Libretime: Set CORS URLs in web installer

Created on 13 Nov 2019  路  14Comments  路  Source: LibreTime/libretime

The CORS Urls setting is required when running LT behind a proxy (Containerisation is a common use case). The only documentation currently is here, but it only contains one line:

The Allowed CORS URLs is intended to deal with situations where you want a remote site with a different domain to access the API.

This should be elaborated on and highlight proxy use-cases. Maybe a "Common Setups" section in the Getting Started section, or Tutorials.

3.0-release-blocker bug installer

All 14 comments

Hi @paddatrapper!
I agree, I had the same problem when installing LT behind haproxy.
If you have a bit of time why no try to submit a PR for the documentation? I will be happy to help you to review this PR.

Hello.
I think this is important, as it makes LibreTime unusable on most browsers, unless you can find this issues on GitHub and apply the configuration.
This from https://github.com/LibreTime/libretime/issues/822#issuecomment-546609291 worked for me (replacing domain and subdomain with the real ones, of course)

https://sub.domain.org
http:/sub.domain.org
http://sub
http://localhost
https://sub
https://localhost

But i'm not really sure why, and what is the relation with the proxy.
In my case LibreTime is installed in a Docker container, behind an Nginx reverse proxy.

May be you can explain why this is necessary so we can document it?
Thanks

Also, it's not clear to me if this can be configured in airtime.conf (or any other config file) rather than in the user interface

So preferences are accessed from the Database in airtime_mvc/application/models/Preferences.php. The CORS settings are stored there. The config file values are read/manipulated from airtime_mvc/application/configs/conf.php. There seems to be no relation between the two, so it would seem that it cannot be configured from anywhere outside of the UI

But i'm not really sure why, and what is the relation with the proxy.

Cross-Origin Resource Sharing (CORS) is a mechanism that uses additional HTTP headers to tell browsers to give a web application running at one origin, access to selected resources from a different origin. More information is here - https://developer.mozilla.org/en-US/docs/Web/HTTP/CORS

Please review #938 and let me know if that is clearer

Hi @paddatrapper !

938 looks good to me but I believe that there is a workaround that may have it's place in the documentation.

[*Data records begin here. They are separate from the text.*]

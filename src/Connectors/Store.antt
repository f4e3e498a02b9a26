-- ===== src/Connectors/Store.antt =====
-- The table of connections: src-tauri/src/connectors/store.rs, `impl ConnectorStore`. The table is
-- the list of its rows, and the column `scopes` holds the list that its text decodes to. Failures of
-- the database itself are not modelled.
pub mod Hiding
pub mod Refinement
use Prim.Native.String.{compare}
use text.Mathlib.Text.{is_lt, is_le}
use desktop_ai_dashboard.Prelude.{
  String, Bool, true, false, not, ◌&&◌, ◌||◌, Option, none, some, List, [], ◌∷◌, ◌++◌, map, ◌==◌,
  string_eq, any, retain, if◌then◌else◌,
}
use desktop_ai_dashboard.Connectors.Status.{ConnectorStatus}

pub record ConnectionRow : Type 0 where
  pub status : ConnectorStatus
  pub disconnected : Bool

-- `ORDER BY connected_at, id`.
abbrev before : ConnectorStatus → ConnectorStatus → Bool
before a b =
    is_lt (compare a.connected_at b.connected_at)
    || a.connected_at == b.connected_at && is_lt (compare a.id b.id)

unfoldable pub place : ConnectorStatus → List ConnectorStatus → List ConnectorStatus
place s [] = s ∷ []
place s (r ∷ rs) = if before s r then s ∷ r ∷ rs else r ∷ place s rs

unfoldable pub sort_connections : List ConnectorStatus → List ConnectorStatus
sort_connections [] = []
sort_connections (s ∷ ss) = place s (sort_connections ss)

unfoldable pub place_id : String → List String → List String
place_id s [] = s ∷ []
place_id s (r ∷ rs) = if is_le (compare s r) then s ∷ r ∷ rs else r ∷ place_id s rs

unfoldable pub sort_ids : List String → List String
sort_ids [] = []
sort_ids (s ∷ ss) = place_id s (sort_ids ss)

abbrev pub shown : ConnectionRow → Bool
shown r = not r.disconnected

abbrev pub has_id : String → ConnectionRow → Bool
has_id id r = r.status.id == id

unfoldable pub list : List ConnectionRow → List ConnectorStatus
list rows = sort_connections (map (λ r. r.status) (retain shown rows))

abbrev pub first_status : List ConnectionRow → Option ConnectorStatus
first_status [] = none
first_status (r ∷ rows) = some r.status

unfoldable pub get : String → List ConnectionRow → Option ConnectorStatus
get id rows = first_status (retain (λ r. has_id id r && shown r) rows)

-- `INSERT … ON CONFLICT(id) DO UPDATE`.
unfoldable pub save : ConnectorStatus → Bool → List ConnectionRow → List ConnectionRow
save status disconnected rows =
    let row : ConnectionRow = record { status = status; disconnected = disconnected } in
    if any (has_id status.id) rows
    then map (λ r. if has_id status.id r then row else r) rows
    else rows ++ row ∷ []

unfoldable pub upsert : ConnectorStatus → List ConnectionRow → List ConnectionRow
upsert status = save status false

unfoldable pub stage : ConnectorStatus → List ConnectionRow → List ConnectionRow
stage status = save status true

-- The new table, and whether a row has changed.
unfoldable pub mark_disconnected : String → List ConnectionRow → List ConnectionRow × Bool
mark_disconnected id rows = (
  map (λ r. if has_id id r then record r { disconnected = true } else r) rows,
  any (has_id id) rows,
)

unfoldable pub cleanup_ids : List ConnectionRow → List String
cleanup_ids rows = sort_ids (map (λ r. r.status.id) (retain (λ r. r.disconnected) rows))

unfoldable pub delete : String → List ConnectionRow → List ConnectionRow × Bool
delete id rows = (retain (λ r. not (has_id id r)) rows, any (has_id id) rows)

On a remote installation (behind a reverse proxy), there is no way to login for the first time (unless you do some ssh tunneling and login on http://localhost). So in those cases, it is still possible to disable momentarily CORS checks by commenting the following line:

//Don't allow CORS from other domains to prevent XSS.
throw new Zend_Controller_Action_Exception('Forbidden', 403);

in the file CORSHelper.php.

Then we should definitely add the CORS to the config file instead of in the DB... Let me see what I can do

Maybe it would make sense to add a page to the web-based installer so that people can add their CORS URLs database before they get to the login. Is this something we are going to automatically detect or is it something that they will need to enter. I can see the utility of having this edited via the web interface after LibreTime is installed but we definitely need to handle the situation where they are just installing it and need to enter the information.

This could be detected, depending on what headers are passed through the proxy, but may be more reliable to ask the user to enter them.

Agree @paddatrapper, it seems to me that there are too much reverse proxy scenario and tools to try to detect it. Also users who are in this case are clearly aware of it and know how to setup their CORS URL.

Maybe showing a form if a question like "Are you installing LibreTime behind a reverse proxy" is ticked is the way to go (to not scare other users about complicated setup configurations)...

Maybe showing a form if a question like "Are you installing LibreTime behind a reverse proxy" is ticked is the way to go (to not scare other users about complicated setup configurations)...

Good idea. I think this is definitely the way to go

Ran into this again today. Preventing log-in the first time makes LibreTime completely unusable behind a proxy at the moment without the workaround

Ok yeah let's make this a priority again. I can hopefully work on it but not sure how much coding time I'll be able to do.